• DIRECTIONS FOR THIS TASK: After finding the line with "AreApart-append _ b.nodes" in the data below, set down exactly each line through the one with "all_with (λ (f : TraceEdge). has", inclusive, and stop there.

• DATA RECORDS:
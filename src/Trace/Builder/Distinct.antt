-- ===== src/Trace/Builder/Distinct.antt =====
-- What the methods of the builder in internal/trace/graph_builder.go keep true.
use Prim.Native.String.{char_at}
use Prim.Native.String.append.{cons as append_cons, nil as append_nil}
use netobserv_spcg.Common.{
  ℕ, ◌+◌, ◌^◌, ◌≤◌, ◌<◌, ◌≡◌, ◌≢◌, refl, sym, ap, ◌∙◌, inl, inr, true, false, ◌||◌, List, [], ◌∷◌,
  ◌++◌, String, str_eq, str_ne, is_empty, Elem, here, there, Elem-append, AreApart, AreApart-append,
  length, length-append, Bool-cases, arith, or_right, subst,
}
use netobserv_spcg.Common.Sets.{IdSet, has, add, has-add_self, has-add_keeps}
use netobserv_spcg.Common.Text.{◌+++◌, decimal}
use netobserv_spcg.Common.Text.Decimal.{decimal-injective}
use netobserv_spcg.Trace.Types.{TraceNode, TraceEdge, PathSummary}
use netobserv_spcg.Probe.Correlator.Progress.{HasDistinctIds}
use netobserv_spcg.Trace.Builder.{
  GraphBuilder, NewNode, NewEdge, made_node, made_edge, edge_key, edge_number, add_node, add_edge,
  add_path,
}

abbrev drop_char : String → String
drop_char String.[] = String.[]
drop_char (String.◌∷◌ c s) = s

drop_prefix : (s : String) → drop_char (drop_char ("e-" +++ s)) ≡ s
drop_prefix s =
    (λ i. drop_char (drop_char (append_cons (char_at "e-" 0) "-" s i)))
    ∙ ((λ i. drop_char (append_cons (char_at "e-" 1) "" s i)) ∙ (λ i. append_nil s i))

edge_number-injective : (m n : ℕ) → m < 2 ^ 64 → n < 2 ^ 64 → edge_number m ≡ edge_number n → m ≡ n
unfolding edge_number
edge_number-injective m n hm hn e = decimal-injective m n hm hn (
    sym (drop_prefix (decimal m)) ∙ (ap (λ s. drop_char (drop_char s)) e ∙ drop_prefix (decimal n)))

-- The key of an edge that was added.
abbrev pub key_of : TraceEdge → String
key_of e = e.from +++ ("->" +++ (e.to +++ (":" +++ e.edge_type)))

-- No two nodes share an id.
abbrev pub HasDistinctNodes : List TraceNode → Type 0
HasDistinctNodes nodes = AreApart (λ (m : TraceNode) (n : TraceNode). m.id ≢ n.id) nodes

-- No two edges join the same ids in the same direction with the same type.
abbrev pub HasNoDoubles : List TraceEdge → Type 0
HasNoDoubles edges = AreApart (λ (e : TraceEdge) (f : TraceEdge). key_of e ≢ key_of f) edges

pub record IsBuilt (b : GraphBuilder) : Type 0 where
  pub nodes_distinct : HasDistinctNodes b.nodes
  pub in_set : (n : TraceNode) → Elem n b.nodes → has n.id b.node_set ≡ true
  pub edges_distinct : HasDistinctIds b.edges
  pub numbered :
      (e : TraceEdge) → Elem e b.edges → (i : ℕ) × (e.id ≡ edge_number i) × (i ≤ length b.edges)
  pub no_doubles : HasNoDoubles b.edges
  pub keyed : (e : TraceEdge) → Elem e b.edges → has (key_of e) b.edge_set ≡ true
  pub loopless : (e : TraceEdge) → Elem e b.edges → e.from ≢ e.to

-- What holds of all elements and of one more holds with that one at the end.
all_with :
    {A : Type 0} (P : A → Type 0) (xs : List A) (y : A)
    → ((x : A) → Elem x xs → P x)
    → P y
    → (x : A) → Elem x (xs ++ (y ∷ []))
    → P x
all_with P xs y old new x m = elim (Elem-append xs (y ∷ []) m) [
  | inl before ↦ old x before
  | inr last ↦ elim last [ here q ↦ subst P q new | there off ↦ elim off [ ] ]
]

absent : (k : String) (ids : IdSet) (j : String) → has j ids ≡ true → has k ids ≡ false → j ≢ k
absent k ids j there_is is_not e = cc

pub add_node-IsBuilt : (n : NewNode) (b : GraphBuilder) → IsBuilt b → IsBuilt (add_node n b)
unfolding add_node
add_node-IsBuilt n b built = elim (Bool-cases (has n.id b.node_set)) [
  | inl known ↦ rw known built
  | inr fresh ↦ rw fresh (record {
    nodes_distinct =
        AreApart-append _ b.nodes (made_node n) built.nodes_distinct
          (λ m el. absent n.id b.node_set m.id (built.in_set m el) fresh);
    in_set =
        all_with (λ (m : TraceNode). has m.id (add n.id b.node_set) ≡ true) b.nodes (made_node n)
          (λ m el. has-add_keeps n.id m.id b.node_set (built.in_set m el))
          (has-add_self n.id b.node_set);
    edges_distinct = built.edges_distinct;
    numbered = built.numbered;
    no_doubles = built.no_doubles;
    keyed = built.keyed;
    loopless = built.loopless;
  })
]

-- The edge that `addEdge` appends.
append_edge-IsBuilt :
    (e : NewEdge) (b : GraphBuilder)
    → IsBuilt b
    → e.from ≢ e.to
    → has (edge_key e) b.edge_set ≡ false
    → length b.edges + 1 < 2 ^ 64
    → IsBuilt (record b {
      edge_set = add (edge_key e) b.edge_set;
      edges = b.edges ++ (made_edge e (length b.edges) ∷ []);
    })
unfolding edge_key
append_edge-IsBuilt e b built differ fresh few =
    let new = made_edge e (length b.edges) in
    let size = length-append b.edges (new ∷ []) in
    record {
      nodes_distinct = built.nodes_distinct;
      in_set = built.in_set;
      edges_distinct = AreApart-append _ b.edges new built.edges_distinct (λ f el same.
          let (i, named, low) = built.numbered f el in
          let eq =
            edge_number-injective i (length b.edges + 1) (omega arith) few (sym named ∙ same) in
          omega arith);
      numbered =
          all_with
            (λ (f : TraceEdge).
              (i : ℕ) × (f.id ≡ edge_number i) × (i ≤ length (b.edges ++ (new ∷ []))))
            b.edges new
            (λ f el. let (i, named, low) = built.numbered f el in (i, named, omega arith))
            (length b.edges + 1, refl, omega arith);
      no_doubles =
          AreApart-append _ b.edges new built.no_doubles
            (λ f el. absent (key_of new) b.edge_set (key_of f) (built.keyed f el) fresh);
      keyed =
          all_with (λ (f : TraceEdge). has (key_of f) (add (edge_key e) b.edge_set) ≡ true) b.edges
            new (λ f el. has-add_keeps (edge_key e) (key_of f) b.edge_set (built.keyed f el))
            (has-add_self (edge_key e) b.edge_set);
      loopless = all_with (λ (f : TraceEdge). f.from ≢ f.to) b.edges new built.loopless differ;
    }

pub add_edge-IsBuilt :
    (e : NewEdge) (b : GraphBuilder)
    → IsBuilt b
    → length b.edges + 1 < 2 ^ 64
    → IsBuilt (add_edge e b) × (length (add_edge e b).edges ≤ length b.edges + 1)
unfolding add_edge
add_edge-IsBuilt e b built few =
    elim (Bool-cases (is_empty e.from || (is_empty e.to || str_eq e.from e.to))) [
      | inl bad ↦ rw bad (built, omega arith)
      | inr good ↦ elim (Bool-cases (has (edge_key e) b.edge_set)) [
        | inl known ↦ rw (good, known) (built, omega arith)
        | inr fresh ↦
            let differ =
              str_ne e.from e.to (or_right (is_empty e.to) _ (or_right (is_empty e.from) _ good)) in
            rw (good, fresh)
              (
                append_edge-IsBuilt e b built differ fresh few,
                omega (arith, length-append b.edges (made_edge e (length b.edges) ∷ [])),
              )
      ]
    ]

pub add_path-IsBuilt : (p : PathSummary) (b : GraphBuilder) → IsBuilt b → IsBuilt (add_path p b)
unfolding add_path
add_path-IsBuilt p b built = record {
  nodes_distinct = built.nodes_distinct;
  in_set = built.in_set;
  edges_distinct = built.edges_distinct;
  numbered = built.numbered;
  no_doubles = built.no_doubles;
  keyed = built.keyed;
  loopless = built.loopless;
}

• TASK RESPONSE:
        AreApart-append _ b.nodes (made_node n) built.nodes_distinct
          (λ m el. absent n.id b.node_set m.id (built.in_set m el) fresh);
    in_set =
        all_with (λ (m : TraceNode). has m.id (add n.id b.node_set) ≡ true) b.nodes (made_node n)
          (λ m el. has-add_keeps n.id m.id b.node_set (built.in_set m el))
          (has-add_self n.id b.node_set);
    edges_distinct = built.edges_distinct;
    numbered = built.numbered;
    no_doubles = built.no_doubles;
    keyed = built.keyed;
    loopless = built.loopless;
  })
]

-- The edge that `addEdge` appends.
append_edge-IsBuilt :
    (e : NewEdge) (b : GraphBuilder)
    → IsBuilt b
    → e.from ≢ e.to
    → has (edge_key e) b.edge_set ≡ false
    → length b.edges + 1 < 2 ^ 64
    → IsBuilt (record b {
      edge_set = add (edge_key e) b.edge_set;
      edges = b.edges ++ (made_edge e (length b.edges) ∷ []);
    })
unfolding edge_key
append_edge-IsBuilt e b built differ fresh few =
    let new = made_edge e (length b.edges) in
    let size = length-append b.edges (new ∷ []) in
    record {
      nodes_distinct = built.nodes_distinct;
      in_set = built.in_set;
      edges_distinct = AreApart-append _ b.edges new built.edges_distinct (λ f el same.
          let (i, named, low) = built.numbered f el in
          let eq =
            edge_number-injective i (length b.edges + 1) (omega arith) few (sym named ∙ same) in
          omega arith);
      numbered =
          all_with
            (λ (f : TraceEdge).
              (i : ℕ) × (f.id ≡ edge_number i) × (i ≤ length (b.edges ++ (new ∷ []))))
            b.edges new
            (λ f el. let (i, named, low) = built.numbered f el in (i, named, omega arith))
            (length b.edges + 1, refl, omega arith);
      no_doubles =
          AreApart-append _ b.edges new built.no_doubles
            (λ f el. absent (key_of new) b.edge_set (key_of f) (built.keyed f el) fresh);
      keyed =
          all_with (λ (f : TraceEdge). has (key_of f) (add (edge_key e) b.edge_set) ≡ true) b.edges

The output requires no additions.